PROBLEM REQUIREMENTS: Some entries follow. Reproduce exactly the lines starting at the one with "pub session_id : Bytes" and stopping after the one with "if ltb p.count (2 ^ 63)".

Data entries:
|---|

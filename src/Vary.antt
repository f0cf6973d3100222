-- ===== src/Vary.antt =====
-- middleware.go: the request headers that a response's Vary names, as a key and as a map.
use cache_predict.Common.{ℕ, Bool, true, false, ◌||◌, List, [], ◌∷◌, ◌++◌, ◌==◌, if◌then◌else◌}
use cache_predict.Common.Words.{Bytes}
use cache_predict.Common.Dict.{Dict, insert, bytes_key}
use cache_predict.Common.Text.{codes, is_empty, split, to_lower, trim_space}
use cache_predict.Normalizer.{hex_text}
use cache_predict.Http
use cache_predict.Http.{Header}

-- The parts from one on; in front of all but the first stands an `&`.
unfoldable pub signature_from : Bool → List Bytes → Header → Bytes
signature_from is_first [] r = []
signature_from is_first (p ∷ parts) r =
    let rest = signature_from false parts r in
    let name = trim_space p in
    if is_empty name
    then rest
    else (if is_first then [] else codes "&")
      ++ (to_lower name ++ (codes "=" ++ (Http.get r name ++ rest)))

unfoldable pub vary_signature : Bytes → Header → Bytes
vary_signature vary_header r = signature_from true (split b',' vary_header) r

-- `%x` of a number, from its digits with leading zeros: one digit stays.
unfoldable pub unpadded : Bytes → Bytes
unpadded [] = []
unpadded (d ∷ []) = d ∷ []
unpadded (d ∷ e ∷ s) = let rest = unpadded (e ∷ s) in if d == b'0' then rest else d ∷ e ∷ s

-- `varyHeader == "" || varyHeader == "*"`
abbrev pub names_none : Bytes → Bool
names_none vary_header = is_empty vary_header || bytes_key.same vary_header (codes "*")

unfoldable pub vary_key : (Bytes → ℕ) → Bytes → Bytes → Header → Bytes
vary_key sum64 primary_key vary_header r =
    if names_none vary_header
    then primary_key
    else primary_key
      ++ (codes "_v" ++ unpadded (hex_text 16 (sum64 (vary_signature vary_header r))))

unfoldable pub record_parts : List Bytes → Header → Dict Bytes Bytes → Dict Bytes Bytes
record_parts [] r m = m
record_parts (p ∷ parts) r m =
    let name = trim_space p in
    record_parts parts r (if is_empty name then m else insert name (Http.get r name) m)

unfoldable pub extract_vary_map : Header → Bytes → Dict Bytes Bytes
extract_vary_map r vary_header =
    if names_none vary_header then [] else record_parts (split b',' vary_header) r []
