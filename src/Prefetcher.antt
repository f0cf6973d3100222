-- ===== src/Prefetcher.antt =====
-- prefetcher.go: the queue that Submit fills and what a worker does with a job. A handler is a function from
-- requests to the calls that it makes; one that panics has made the calls in front of its panic.
pub mod Safety
pub mod Queue
pub mod Pool
mod Runs
use cache_predict.Common.{
  ℕ, suc, ◌+◌, ◌-◌, ◌*◌, ◌^◌, ◌<◌, ◌≡◌, Bool, true, false, not, ◌&&◌, ◌||◌, Option, none, some,
  List, [], ◌∷◌, ◌++◌, ltb, leb, ◌==◌, if◌then◌else◌, length,
}
use cache_predict.Common.Int.{ℤ, pos, negsuc, later_by}
use cache_predict.Common.Words.{Bytes}
use cache_predict.Common.Dict.{Dict, insert, bytes_key}
use cache_predict.Common.Text.{codes, is_empty, contains, split_once, to_upper}
use cache_predict.Dense.Ops.{Prediction}
use cache_predict.Entry.{ResponseEntry}
use cache_predict.Http
use cache_predict.Http.{Header}
use cache_predict.Normalizer.{canonical_cache_key_with_host}
use cache_predict.Request.{Request, Cookie}
use cache_predict.Store.{Store, expiry_after}
use cache_predict.Vary.{extract_vary_map}
use cache_predict.Writer.{Client, Call, run_client, first_status}
use cache_predict.ClientAssets.{is_unhydrated}

-- A float64 that is compared with probabilities, as the fraction `num / den`.
pub record Fraction : Type 0 where
  pub num : ℤ
  pub den : ℕ

pub record PrefetchJob : Type 0 where
  pub session_id : Bytes
  pub prediction : Prediction
  pub host : Bytes
  pub auth_headers : Header
  pub cookies : List Cookie
  pub is_auth : Bool

-- `queue` is what the channel holds; `is_auth` is nil until SetAuthChecker. Close sets the flag and
-- cancels the context at once.
pub record Prefetcher : Type 0 where
  pub has_handler : Bool
  pub queue : List PrefetchJob
  pub threshold : Fraction
  pub ttl : ℤ
  pub is_auth : Option (Request → Bool)
  pub closed : Bool

-- The channel's capacity.
abbrev pub queue_cap : ℕ
queue_cap = 256

-- SetAuthChecker
unfoldable pub set_auth_checker : (Request → Bool) → Prefetcher → Prefetcher
set_auth_checker check p = record p { is_auth = some check }

-- `pred.Probability < p.threshold`, where the counter is an int that may be negative
unfoldable pub is_below : Prediction → Fraction → Bool
is_below p t =
    if ltb p.count (2 ^ 63)
    then elim t.num [ pos m ↦ ltb (p.count * t.den) (m * p.total) | negsuc m ↦ false ]
    else elim t.num [ pos m ↦ true | negsuc m ↦ ltb (suc m * p.total) ((2 ^ 64 - p.count) * t.den) ]

set_if_any : Header → Bytes → Header → Header
set_if_any from name h =
    let value = Http.get from name in if is_empty value then h else Http.set h name value

-- The credentials of the session's request.
unfoldable pub captured_headers : Header → Header
unfolding set_if_any
captured_headers from = set_if_any from (codes "Cookie") (
    set_if_any from (codes "X-API-Key") (
      set_if_any from (codes "X-Auth-Token") (
        set_if_any from (codes "Proxy-Authorization")
          (set_if_any from (codes "Authorization") []))))

unfoldable pub submits_as_auth : Prefetcher → Request → Bool
submits_as_auth p r = elim p.is_auth [
  | some check ↦ check r
  | none ↦
      not (is_empty (Http.get r.header (codes "Authorization")))
      || not (is_empty (Http.get r.header (codes "Proxy-Authorization")))
]

abbrev pub new_job : Bytes → Request → Bool → Prediction → PrefetchJob
new_job session_id r is_auth prediction = record {
  session_id = session_id;
  prediction = prediction;
  host = r.host;
  auth_headers = captured_headers r.header;
  cookies = r.cookies;
  is_auth = is_auth;
}

-- The loop: a prediction below the threshold is passed over, and one that finds the queue full is dropped.
unfoldable pub enqueue :
    Fraction → (Prediction → PrefetchJob) → List Prediction → List PrefetchJob → List PrefetchJob
enqueue threshold job [] queue = queue
enqueue threshold job (pred ∷ preds) queue = enqueue threshold job preds (
    if is_below pred threshold || leb queue_cap (length queue)
    then queue
    else queue ++ job pred ∷ [])

-- Submit
unfoldable pub submit : Bytes → List Prediction → Request → Prefetcher → Prefetcher
submit session_id preds r p = if not p.has_handler || p.closed then p else record p {
  queue = enqueue p.threshold (new_job session_id r (submits_as_auth p r)) preds p.queue;
}

-- What a job is to fetch: `none` where execute returns before it asks the store.
pub record Target : Type 0 where
  pub method : Bytes
  pub uri : Bytes
  pub path : Bytes
  pub raw_query : Bytes

-- strings.Index(targetURI, "?") and the two slices
unfoldable pub split_uri : Bytes → Bytes × Bytes
split_uri uri = elim (split_once b'?' uri) [ none ↦ (uri, []) | some parts ↦ parts ]

unfoldable pub target_of : Bytes → Option Target
target_of call = elim (split_once b' ' call) [
  | none ↦ none
  | some (verb, uri) ↦
      let method = to_upper verb in
      if not (bytes_key.same method (codes "GET")) && not (bytes_key.same method (codes "HEAD"))
      then none
      else if is_unhydrated uri
      then none
      else some (record {
        method = method;
        uri = uri;
        path = (split_uri uri).0;
        raw_query = (split_uri uri).1;
      })
]

copy_headers : Header → Header → Header
copy_headers [] h = h
copy_headers ((k, vv) ∷ more) h = copy_headers more (insert k vv h)

-- httptest's recorder: 200 unless the handler decides otherwise.
abbrev pub new_recorder : Client
new_recorder = record {
  header = [];
  status = none;
  sent = [];
  flushes = 0;
  is_flusher = true;
  is_hijacker = false;
}

abbrev pub recorded_code : Client → ℕ
recorded_code rec = first_status rec.status 200

-- The tests that a recorded response passes to be stored.
unfoldable pub may_store : PrefetchJob → Client → Bool
may_store job rec =
    let cc = Http.get rec.header (codes "Cache-Control") in
    (recorded_code rec == 200)
    && (not (contains cc (codes "no-store") || contains cc (codes "private"))
        && (leb (length (Http.values rec.header (codes "Set-Cookie"))) 0
            && (not (bytes_key.same (Http.get rec.header (codes "Vary")) (codes "*"))
                && (not (
                      job.is_auth
                      || (not (is_empty (Http.get job.auth_headers (codes "Authorization")))
                          || not
                              (is_empty (Http.get job.auth_headers (codes "Proxy-Authorization")))))
                    || contains cc (codes "public")))))

-- The times that the worker reads.
pub record Times : Type 0 where
  pub looked : ℕ
  pub checked : ℕ
  pub created : ℕ
  pub expiring : ℕ
  pub stored : ℕ

-- `new_request` is httptest.NewRequest for a method and a target, which gives nothing where it panics, as it
-- does with a target that is no request's; `add_cookie` is Request.AddCookie.
module _ (sum64 : Bytes → ℕ) (new_request : Bytes → Bytes → Option Request)
    (add_cookie : Cookie → Request → Request) {S : Type 0} (store : Store S)
    (handler : Request → List Call) where
  add_cookies : List Cookie → Request → Request
  add_cookies [] r = r
  add_cookies (c ∷ cookies) r = add_cookies cookies (add_cookie c r)

  -- What execFn makes of the new request.
  unfoldable pub dress : PrefetchJob → Request → Request
  unfolding copy_headers add_cookies
  dress job bare =
      let at_host = if is_empty job.host then bare else record bare { host = job.host } in
      let with_auth = record at_host { header = copy_headers job.auth_headers at_host.header } in
      let r = add_cookies job.cookies with_auth in
      record r { header = Http.set r.header (codes "X-Precog-Speculative") (codes "true") }

  unfoldable pub synthetic_request : PrefetchJob → Target → Option Request
  synthetic_request job target = elim (new_request target.method target.uri) [
    | none ↦ none
    | some bare ↦ some (dress job bare)
  ]

  abbrev pub job_key : PrefetchJob → Target → Bytes
  job_key job target =
      canonical_cache_key_with_host sum64 target.method job.host target.path target.raw_query []

  abbrev pub recorded_entry : Times → ℤ → Request → Client → ResponseEntry
  recorded_entry t ttl r rec = record {
    body = rec.sent;
    header = rec.header;
    content_type = Http.get rec.header (codes "Content-Type");
    status_code = recorded_code rec;
    created_at = t.created;
    expires_at = some (later_by t.expiring ttl);
    vary = extract_vary_map r.header (Http.get rec.header (codes "Vary"));
  }

  -- The handler's response to the request, stored where it may be: what execFn returns, the number of bytes
  -- that onWarmed is told where it is called, and the store.
  unfoldable pub warm :
      Times → ℤ → PrefetchJob → Target → Request → S → Option ResponseEntry × Option ℕ × S
  warm t ttl job target r s =
      let rec = run_client (handler r) new_recorder in
      if may_store job rec
      then (let (taken, entry, s') =
            store.set t.stored (job_key job target) (recorded_entry t ttl r rec) ttl s in
          (some entry, some (length rec.sent), s'))
      else (none, none, s)

  -- execFn; nothing where it panics.
  unfoldable pub exec_fn :
      Times → ℤ → PrefetchJob → Target → S → Option (Option ResponseEntry × Option ℕ × S)
  exec_fn t ttl job target s = elim (store.get t.checked (job_key job target) s) [
    | some cached ↦ some (some cached, none, s)
    | none ↦ elim (synthetic_request job target) [
      | none ↦ none
      | some r ↦ some (warm t ttl job target r s)
    ]
  ]

  -- execute, where the worker leads the call of its key or has no group; as a follower it waits and
  -- does nothing. It gives nothing where execFn panics: DoContext panics again, and nothing in the
  -- worker recovers.
  unfoldable pub execute : Times → Bool → ℤ → PrefetchJob → S → Option (Option ℕ × S)
  execute t leads ttl job s = elim (target_of job.prediction.call) [
    | none ↦ some (none, s)
    | some target ↦ elim (store.get t.looked (job_key job target) s) [
      | some cached ↦ some (none, s)
      | none ↦ elim leads [
        | false ↦ some (none, s)
        | true ↦ elim (exec_fn t ttl job target s) [
          | none ↦ none
          | some (result, warmed, s') ↦ some (warmed, s')
        ]
      ]
    ]
  ]

-- Close
unfoldable pub close : Prefetcher → Prefetcher
close p = record p { closed = true }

|---|

ANSWER SPACE:
  pub session_id : Bytes
  pub prediction : Prediction
  pub host : Bytes
  pub auth_headers : Header
  pub cookies : List Cookie
  pub is_auth : Bool

-- `queue` is what the channel holds; `is_auth` is nil until SetAuthChecker. Close sets the flag and
-- cancels the context at once.
pub record Prefetcher : Type 0 where
  pub has_handler : Bool
  pub queue : List PrefetchJob
  pub threshold : Fraction
  pub ttl : ℤ
  pub is_auth : Option (Request → Bool)
  pub closed : Bool

-- The channel's capacity.
abbrev pub queue_cap : ℕ
queue_cap = 256

-- SetAuthChecker
unfoldable pub set_auth_checker : (Request → Bool) → Prefetcher → Prefetcher
set_auth_checker check p = record p { is_auth = some check }

-- `pred.Probability < p.threshold`, where the counter is an int that may be negative
unfoldable pub is_below : Prediction → Fraction → Bool
is_below p t =
    if ltb p.count (2 ^ 63)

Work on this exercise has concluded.